Laute(r) Maaaas und Moooos und Korken in Tupperdosen

von Tanja Czerwenka

Edmund Stoiber, Julia Roberts, Katja Burkard und Winston Churchill – sie alle haben etwas gemeinsam und hätten sich dafür in Dortmund treffen können.

Sabine* bekommt im Flur von Dozentin Frau Ziub eine Tupperdose in die Hand gedrückt: „Kannst du bitte Hanna die Dose bringen? Sie braucht die Korken gleich für ihre Therapie.“ Schülerin Lisa ist mit einem Stein und einer Feder in der Hand unterwegs. Sie sammelt Material, mit dem sie Gegenteile darstellen kann. Nebenan im Klassenraum findet Theorieunterricht statt. Alltag im Dortmunder Institut für Logopädie.
Sabine, zierlich, lange braune Haare, dunkle Augen und eine ruhige, aber bestimmende Stimme, ist Schülerin. Anhand ihrer Größe und ihrem Auftreten erkennt man keinen Unterschied zu ihren Mitschülern, doch wenn man sie nach ihrem Alter fragt, schmunzelt sie. Sabine ist mit 45 Jahren die Älteste in ihrer Klasse. In ihrem ursprünglichen Job kann sie nicht mehr arbeiten und hat sich für eine Ausbildung zur Logopädin entschieden. Sie ist am Ende des zweiten Jahres und kommt momentan nur einmal in der Woche ins Institut. Ihre Klasse befindet sich in einem zweimonatigen Praktikum. Es ist ihnen freigestellt, ob sie trotzdem zum Institut kommen, um ihre wöchentlichen Therapiestunden abzuhalten oder nicht. „Ich mache es, weil es sowohl für mich als auch für meinen Patienten gut ist“, sagt Sabine. Insgesamt umfasst die Ausbildung drei Jahre. In dieser Zeit erlangen die Schüler Qualifikationen in drei Bereichen: Kindersprache, Redeflussstörungen und neurologische Störungen. Nach Bestehen des Staatsexamens dürfen sie sich dann staatlich anerkannte Logopäden nennen.

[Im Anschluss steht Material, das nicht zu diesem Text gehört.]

-- ===== src/Tests/Proposals.antt =====
-- Sets of proposals with natural numbers as scores.
use mathlib.Core.Option.{some-injective}
use h2ai_control_plane.HashMap
use h2ai_control_plane.Prelude.{ℕ, ◌≡◌, refl, Bool, some, List, [], ◌∷◌, arith, ltb, inr}
use h2ai_control_plane.Sorting.{IsStrictWeak}
use h2ai_control_plane.Identity.{ExplorerId}
use h2ai_control_plane.Proposals.{
  ProposalEvent, BranchPrunedEvent, Entry, ProposalSet, join, compile,
}
use h2ai_control_plane.Proposals.Best.{beats, Decided}
use h2ai_control_plane.Proposals.Join.{entry, IsWellFormed}
use h2ai_control_plane.Proposals.Semilattice.{join_assoc, join_comm, join-tie}
use h2ai_control_plane.Proposals.Ranking.{IsRanking, compile-IsRanking}

abbrev above : ℕ → ℕ → Bool
above a b = ltb b a

above-IsStrictWeak : IsStrictWeak above
above-IsStrictWeak = record {
  irrefl = λ a. ground arith;
  trans = λ a b c h k. ground arith;
  neg_trans = λ a b c h k. ground arith;
}

abbrev proposal : ExplorerId → ℕ → ProposalEvent
proposal explorer_id generation = record {
  task_id = 1;
  explorer_id = explorer_id;
  generation = generation;
  raw_output = "out";
  token_cost = 5;
}

abbrev first : ProposalSet ℕ
first = (1, (proposal 1 0, (0, 80))) ∷ (2, (proposal 2 0, (0, 30))) ∷ []

abbrev second : ProposalSet ℕ
second = (2, (proposal 2 1, (1, 10))) ∷ (3, (proposal 3 0, (0, 0))) ∷ []

abbrev third : ProposalSet ℕ
third = (2, (proposal 2 1, (1, 20))) ∷ []

later_generation_wins : entry (join above first second) 2 ≡ some (proposal 2 1, (1, 10))
unfolding join
later_generation_wins = refl

first_wf : IsWellFormed first
unfolding HashMap.get
first_wf = ((refl, (refl, refl)), ((refl, (refl, refl)), tt))

second_wf : IsWellFormed second
unfolding HashMap.get
second_wf = ((refl, (refl, refl)), ((refl, (refl, refl)), tt))

third_wf : IsWellFormed third
unfolding HashMap.get
third_wf = ((refl, (refl, refl)), tt)

join_assoc_example :
    entry (join above (join above first second) third) 2
    ≡ entry (join above first (join above second third)) 2
join_assoc_example = join_assoc above above-IsStrictWeak first second third 2 second_wf third_wf

later_generation :
    (x y : Entry ℕ) → entry first 2 ≡ some x → entry second 2 ≡ some y → Decided (beats above) x y
unfolding HashMap.get
later_generation x y ex ey = rw (← some-injective _ _ ex, ← some-injective _ _ ey) (inr refl)

join_comm_example : entry (join above first second) 2 ≡ entry (join above second first) 2
join_comm_example =
    join_comm above above-IsStrictWeak first second 2 first_wf second_wf later_generation

-- Two proposals of one explorer, of one generation and with one score.
abbrev revised : ProposalEvent
revised = record (proposal 1 0) { raw_output = "another" }

abbrev fourth : ProposalSet ℕ
fourth = (1, (revised, (0, 80))) ∷ []

fourth_wf : IsWellFormed fourth
unfolding HashMap.get
fourth_wf = ((refl, (refl, refl)), tt)

join-tie_example :
    (entry (join above first fourth) 1 ≡ some (proposal 1 0, (0, 80)))
    × (entry (join above fourth first) 1 ≡ some (revised, (0, 80)))
unfolding HashMap.get
join-tie_example =
    join-tie above first fourth 1 (proposal 1 0, (0, 80)) (revised, (0, 80)) first_wf fourth_wf refl
      refl refl refl refl

abbrev dropped : List BranchPrunedEvent
dropped = record { explorer_id = 2; reason = "stale" } ∷ []

compile-first : (compile above 0 1 first dropped).valid_proposals ≡ proposal 1 0 ∷ []
unfolding compile
compile-first = refl

compile-IsRanking_example : IsRanking above 0 first dropped (compile above 0 1 first dropped)
compile-IsRanking_example = compile-IsRanking above 0 1 first dropped above-IsStrictWeak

In allen Klassenräumen des Instituts hängen Fernseher, über die man live einer Therapie zusehen kann. Die Schüler und ihre Patienten wissen davon. Für beide ist es wichtig, dass sie kontrolliert werden, denn nur so kann der Schüler erfolgreich an seinem Patienten üben und dieser von der Therapie profitieren. Trotz allem gesteht Sabine: „Es macht mich immer etwas nervös, weil ich nie genau weiß, wie viele mir zuschauen.“ Einen Zuschauer haben die Schüler immer: den Supervisor. Er ist ein ausgebildeter Logopäde, der den Verlauf einer Therapie von Anfang bis Ende begleitet und den Auszubildenden so eine fachlich kompetente Begleitung bietet. Über die Fernseher beobachtet der Supervisor jede Sitzung, beurteilt und reflektiert diese im Anschluss mit dem werdenden Therapeuten. So wird sowohl die Entwicklung des Schülers als auch der Fortschritt der Therapie genauestens dokumentiert.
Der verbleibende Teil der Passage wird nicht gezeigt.